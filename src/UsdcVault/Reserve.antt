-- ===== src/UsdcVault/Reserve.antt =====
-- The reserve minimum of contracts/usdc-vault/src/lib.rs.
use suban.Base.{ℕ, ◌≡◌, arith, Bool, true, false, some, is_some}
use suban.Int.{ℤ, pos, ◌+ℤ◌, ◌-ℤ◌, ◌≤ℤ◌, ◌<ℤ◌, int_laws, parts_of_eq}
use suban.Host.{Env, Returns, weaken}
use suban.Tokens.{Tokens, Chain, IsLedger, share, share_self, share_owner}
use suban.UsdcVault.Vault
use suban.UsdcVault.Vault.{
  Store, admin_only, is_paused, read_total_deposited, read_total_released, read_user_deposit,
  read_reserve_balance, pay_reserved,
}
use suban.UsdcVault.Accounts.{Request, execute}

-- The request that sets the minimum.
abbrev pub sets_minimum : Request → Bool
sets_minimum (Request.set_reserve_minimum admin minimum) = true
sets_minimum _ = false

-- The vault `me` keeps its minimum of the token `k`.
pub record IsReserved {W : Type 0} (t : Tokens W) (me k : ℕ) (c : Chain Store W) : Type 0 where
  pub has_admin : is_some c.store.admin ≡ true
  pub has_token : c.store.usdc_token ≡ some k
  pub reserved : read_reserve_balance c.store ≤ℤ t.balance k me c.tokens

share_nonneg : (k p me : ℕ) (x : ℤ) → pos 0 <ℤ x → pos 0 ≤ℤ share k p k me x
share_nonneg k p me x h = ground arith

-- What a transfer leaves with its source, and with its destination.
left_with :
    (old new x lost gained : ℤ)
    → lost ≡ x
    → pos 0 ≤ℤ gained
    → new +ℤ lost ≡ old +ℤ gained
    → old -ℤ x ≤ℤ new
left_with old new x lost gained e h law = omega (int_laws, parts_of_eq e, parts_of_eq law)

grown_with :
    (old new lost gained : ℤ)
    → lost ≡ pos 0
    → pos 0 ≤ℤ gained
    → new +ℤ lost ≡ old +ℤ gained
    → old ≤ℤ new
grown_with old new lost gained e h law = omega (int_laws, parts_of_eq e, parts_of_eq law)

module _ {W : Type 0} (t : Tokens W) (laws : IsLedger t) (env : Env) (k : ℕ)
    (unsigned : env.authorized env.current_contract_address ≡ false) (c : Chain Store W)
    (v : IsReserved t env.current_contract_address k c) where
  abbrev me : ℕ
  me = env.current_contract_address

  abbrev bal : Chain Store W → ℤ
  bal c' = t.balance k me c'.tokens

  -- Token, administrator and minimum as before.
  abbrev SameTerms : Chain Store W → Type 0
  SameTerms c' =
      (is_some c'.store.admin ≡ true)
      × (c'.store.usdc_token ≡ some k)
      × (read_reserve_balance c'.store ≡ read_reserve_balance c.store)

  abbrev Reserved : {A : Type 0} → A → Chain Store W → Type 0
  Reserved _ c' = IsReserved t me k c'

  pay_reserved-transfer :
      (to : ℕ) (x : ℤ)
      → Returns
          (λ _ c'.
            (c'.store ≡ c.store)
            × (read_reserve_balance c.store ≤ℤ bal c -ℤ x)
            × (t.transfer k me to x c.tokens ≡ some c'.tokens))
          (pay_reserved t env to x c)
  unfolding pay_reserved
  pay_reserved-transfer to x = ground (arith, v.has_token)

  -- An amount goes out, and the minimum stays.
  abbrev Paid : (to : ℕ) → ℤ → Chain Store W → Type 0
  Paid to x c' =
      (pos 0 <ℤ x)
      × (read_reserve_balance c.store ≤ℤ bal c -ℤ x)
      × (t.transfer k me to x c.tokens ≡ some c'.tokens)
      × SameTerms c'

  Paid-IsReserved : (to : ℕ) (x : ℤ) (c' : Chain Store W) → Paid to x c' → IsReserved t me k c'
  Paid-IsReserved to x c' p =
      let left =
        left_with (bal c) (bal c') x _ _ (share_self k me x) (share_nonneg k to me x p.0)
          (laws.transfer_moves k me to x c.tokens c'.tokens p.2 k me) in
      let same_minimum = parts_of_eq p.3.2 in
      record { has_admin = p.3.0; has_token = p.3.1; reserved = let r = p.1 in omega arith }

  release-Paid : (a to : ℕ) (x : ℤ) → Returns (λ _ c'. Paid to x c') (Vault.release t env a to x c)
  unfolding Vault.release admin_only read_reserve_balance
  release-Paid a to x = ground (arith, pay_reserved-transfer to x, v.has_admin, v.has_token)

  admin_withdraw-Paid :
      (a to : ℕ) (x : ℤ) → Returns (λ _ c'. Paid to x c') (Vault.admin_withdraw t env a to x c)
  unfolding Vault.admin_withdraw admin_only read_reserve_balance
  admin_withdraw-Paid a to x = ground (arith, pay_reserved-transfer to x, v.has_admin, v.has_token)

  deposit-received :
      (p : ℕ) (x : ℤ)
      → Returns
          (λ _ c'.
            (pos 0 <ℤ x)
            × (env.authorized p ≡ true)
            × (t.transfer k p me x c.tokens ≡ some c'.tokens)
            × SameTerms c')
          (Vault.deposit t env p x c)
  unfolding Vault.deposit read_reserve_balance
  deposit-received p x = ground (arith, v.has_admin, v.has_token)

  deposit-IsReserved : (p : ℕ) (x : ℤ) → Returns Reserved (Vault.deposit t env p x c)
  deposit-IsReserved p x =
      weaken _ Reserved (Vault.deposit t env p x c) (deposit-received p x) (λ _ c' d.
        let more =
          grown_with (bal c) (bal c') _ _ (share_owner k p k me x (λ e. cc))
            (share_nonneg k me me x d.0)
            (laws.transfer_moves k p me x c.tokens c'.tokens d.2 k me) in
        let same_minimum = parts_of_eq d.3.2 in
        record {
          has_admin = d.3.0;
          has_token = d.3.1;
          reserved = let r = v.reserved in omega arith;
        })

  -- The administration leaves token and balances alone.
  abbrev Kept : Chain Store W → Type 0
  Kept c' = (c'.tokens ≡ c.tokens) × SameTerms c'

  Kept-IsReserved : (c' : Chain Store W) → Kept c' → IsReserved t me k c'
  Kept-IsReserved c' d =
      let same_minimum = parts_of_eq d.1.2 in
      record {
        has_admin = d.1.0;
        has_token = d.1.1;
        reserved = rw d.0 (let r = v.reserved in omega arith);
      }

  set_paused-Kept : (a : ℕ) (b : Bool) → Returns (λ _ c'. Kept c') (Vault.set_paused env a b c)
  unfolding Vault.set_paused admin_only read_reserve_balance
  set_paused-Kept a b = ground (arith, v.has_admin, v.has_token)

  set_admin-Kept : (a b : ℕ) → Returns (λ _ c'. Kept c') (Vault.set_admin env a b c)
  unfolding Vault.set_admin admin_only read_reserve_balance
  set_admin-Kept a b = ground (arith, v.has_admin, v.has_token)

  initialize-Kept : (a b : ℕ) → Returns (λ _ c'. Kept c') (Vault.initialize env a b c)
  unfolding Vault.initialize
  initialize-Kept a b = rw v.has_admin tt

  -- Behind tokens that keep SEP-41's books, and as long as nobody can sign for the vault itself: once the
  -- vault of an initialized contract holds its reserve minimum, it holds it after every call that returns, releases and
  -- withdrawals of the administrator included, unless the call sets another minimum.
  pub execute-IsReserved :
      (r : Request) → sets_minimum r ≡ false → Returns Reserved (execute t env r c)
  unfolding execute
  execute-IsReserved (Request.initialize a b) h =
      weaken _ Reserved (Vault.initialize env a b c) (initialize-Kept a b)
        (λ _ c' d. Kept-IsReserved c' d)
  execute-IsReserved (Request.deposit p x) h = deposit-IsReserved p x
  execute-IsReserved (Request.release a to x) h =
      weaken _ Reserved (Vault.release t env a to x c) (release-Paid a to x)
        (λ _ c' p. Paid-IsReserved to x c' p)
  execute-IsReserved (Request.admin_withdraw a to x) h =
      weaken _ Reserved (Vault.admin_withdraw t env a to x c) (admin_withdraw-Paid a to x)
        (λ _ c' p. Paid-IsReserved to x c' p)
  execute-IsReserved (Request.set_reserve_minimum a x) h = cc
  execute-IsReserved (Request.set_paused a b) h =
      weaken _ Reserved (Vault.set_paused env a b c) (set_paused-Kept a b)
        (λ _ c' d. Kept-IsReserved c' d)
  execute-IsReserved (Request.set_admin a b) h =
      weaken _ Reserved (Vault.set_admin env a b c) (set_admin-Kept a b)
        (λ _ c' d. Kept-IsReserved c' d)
#####
* [TASK GOAL]: Whatever else the listing above holds, retype exactly only the lines from the one containing "pub record IsReserved" to the one containing "share_nonneg k p me x h = ground arith", both ends kept.

* [WRITTEN REPLY]:
pub record IsReserved {W : Type 0} (t : Tokens W) (me k : ℕ) (c : Chain Store W) : Type 0 where
  pub has_admin : is_some c.store.admin ≡ true
  pub has_token : c.store.usdc_token ≡ some k
  pub reserved : read_reserve_balance c.store ≤ℤ t.balance k me c.tokens

share_nonneg : (k p me : ℕ) (x : ℤ) → pos 0 <ℤ x → pos 0 ≤ℤ share k p k me x
share_nonneg k p me x h = ground arith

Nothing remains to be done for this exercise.